YOUR ASSIGNMENT: In the entries below, how many lines contain the string "record"? Respond with the number only.
*** Opening TASK INPUTS ***
-- ===== src/Spock/Flow/Keeps.antt =====
-- The methods of internal/spock and what the calls on one connection leave as it is.
use pgedge_helm.Base.{◌≡◌, sym, subst, arith, Option, none, inl, inr}
use pgedge_helm.Base.Text.{Text, text_key}
use pgedge_helm.Resource.{Error}
use pgedge_helm.Spock.Types.{Conn}
use pgedge_helm.Spock.World.{
  DriverError, Answer, Answer-cases, answer, failure, Driver, Tx, Statement, Query, World,
}
use pgedge_helm.Spock.Flow.{Flow, goes, returns, Method, ◌>>=◌, ◌>>◌, call, finish, in_tx, tx_do}

-- What the calls on a connection leave as it is, such as the state of all other databases. `Inside`
-- says it within a transaction of that connection.
pub record Spares {D : Type 0} (driver : Driver D) (c : Conn) (P : D → Type 0)
    (Inside : Tx → D → Type 0) : Type 0 where
  pub query_bool : (q : Query) (d : D) → P d → P (driver.query_bool c q d).1
  pub query_sets : (d : D) → P d → P (driver.query_sets c d).1
  pub query_set_tables : (d : D) → P d → P (driver.query_set_tables c d).1
  pub exec : (s : Statement) (d : D) → P d → P (driver.exec c s d).1
  pub begin :
      (tx : Tx) (d : D) → (driver.begin c d).0 ≡ answer tx → P d → Inside tx (driver.begin c d).1
  pub begin_fails :
      (e : DriverError) (d : D) → (driver.begin c d).0 ≡ failure e → P d → P (driver.begin c d).1
  pub tx_exec :
      (tx : Tx) (s : Statement) (d : D) → Inside tx d → Inside tx (driver.tx_exec tx s d).1
  pub commit : (tx : Tx) (d : D) → Inside tx d → Inside tx (driver.commit tx d).1
  pub rollback : (tx : Tx) (d : D) → Inside tx d → P (driver.rollback tx d)

module _ {D : Type 0} where
  abbrev pub Keeps : {A : Type 0} → (P : D → Type 0) → Method D A → Type 0
  Keeps P m = (w : World D) → P w.databases → P (m w).1.databases

  pub flow_keeps :
      {A B : Type 0} (P : D → Type 0) (rest : A → Method D B)
      → ((a : A) → Keeps P (rest a))
      → (f : Flow A) (v : World D) → P v.databases
      → P
          (elim f as (λ x. Flow B × World D) [
            | returns e ↦ (returns e, v)
            | goes a ↦ rest a v
          ]).1.databases
  flow_keeps P rest k (goes a) v q = k a v q
  flow_keeps P rest k (returns e) v q = q

  pub bind_keeps :
      {A B : Type 0} (P : D → Type 0) (m : Method D A) (rest : A → Method D B)
      → Keeps P m
      → ((a : A) → Keeps P (rest a))
      → Keeps P (m >>= rest)
  bind_keeps P m rest h k w p = flow_keeps P rest k (m w).0 (m w).1 (h w p)

  pub then_keeps :
      {B : Type 0} (P : D → Type 0) (m : Method D (Unit {0})) (rest : Method D B)
      → Keeps P m
      → Keeps P rest
      → Keeps P (m >> rest)
  then_keeps P m rest h k w p = flow_keeps P (λ x. rest) (λ x. k) (m w).0 (m w).1 (h w p)

  pub call_keeps :
      {A : Type 0} (P : D → Type 0) (fails : DriverError → Option Error) (f : D → Answer A × D)
      → ((d : D) → P d → P (f d).1)
      → Keeps P (call fails f)
  call_keeps {A} P fails f h w p = go (f w.databases).0 (h w.databases p)
    where
      go :
          (r : Answer A)
          → P (f w.databases).1
          → P
              (elim r as (λ x. Flow A × World D) [
                | failure e ↦ (returns (fails e), record w { databases = (f w.databases).1 })
                | answer a ↦ (goes a, record w { databases = (f w.databases).1 })
              ]).1.databases
      go (answer a) q = q
      go (failure e) q = q

  pub finish_keeps :
      (P : D → Type 0) (m : Method D (Unit {0})) (w : World D)
      → P (m w).1.databases
      → P (finish m w).1.databases
  finish_keeps P m w h = go (m w).0 (m w).1 h
    where
      go :
          (f : Flow (Unit {0})) (v : World D)
          → P v.databases
          → P
              (elim f as (λ x. Option Error × World D) [
                | goes _ ↦ (none, v)
                | returns e ↦ (e, v)
              ]).1.databases
      go (goes x) v q = q
      go (returns e) v q = q

module _ {D : Type 0} (driver : Driver D) (c : Conn) (P : D → Type 0) (Inside : Tx → D → Type 0)
    (spares : Spares driver c P Inside) where
  pub tx_do_keeps :
      (tx : Tx) (s : Statement) (what : Text) → Keeps (Inside tx) (tx_do driver tx s what)
  tx_do_keeps tx s what = call_keeps (Inside tx) _ (driver.tx_exec tx s) (spares.tx_exec tx s)

  pub in_tx_keeps :
      (what : Text) (body : Tx → Method D (Unit {0}))
      → ((tx : Tx) → Keeps (Inside tx) (body tx))
      → (w : World D) → P w.databases
      → P (in_tx driver c what body w).1.databases
  in_tx_keeps what body keeps w p =
      let r = driver.begin c w.databases in
      let v = record w { databases = r.1 } in
      elim (Answer-cases r.0) [
        | inr (e, failed) ↦
            let same : (in_tx driver c what body w).1.databases ≡ r.1 = ground arith in
            subst P (sym same) (spares.begin_fails e w.databases failed p)
        | inl (tx, begun) ↦
            let inside = keeps tx v (spares.begin tx w.databases begun p) in
            let u = finish (body tx) v in
            let same : (in_tx driver c what body w).1.databases ≡ driver.rollback tx u.1.databases =
              ground arith in
            subst P (sym same)
              (spares.rollback tx u.1.databases (finish_keeps (Inside tx) (body tx) v inside))
      ]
*** Closing TASK INPUTS ***
SOLUTION TO THIS TASK: 4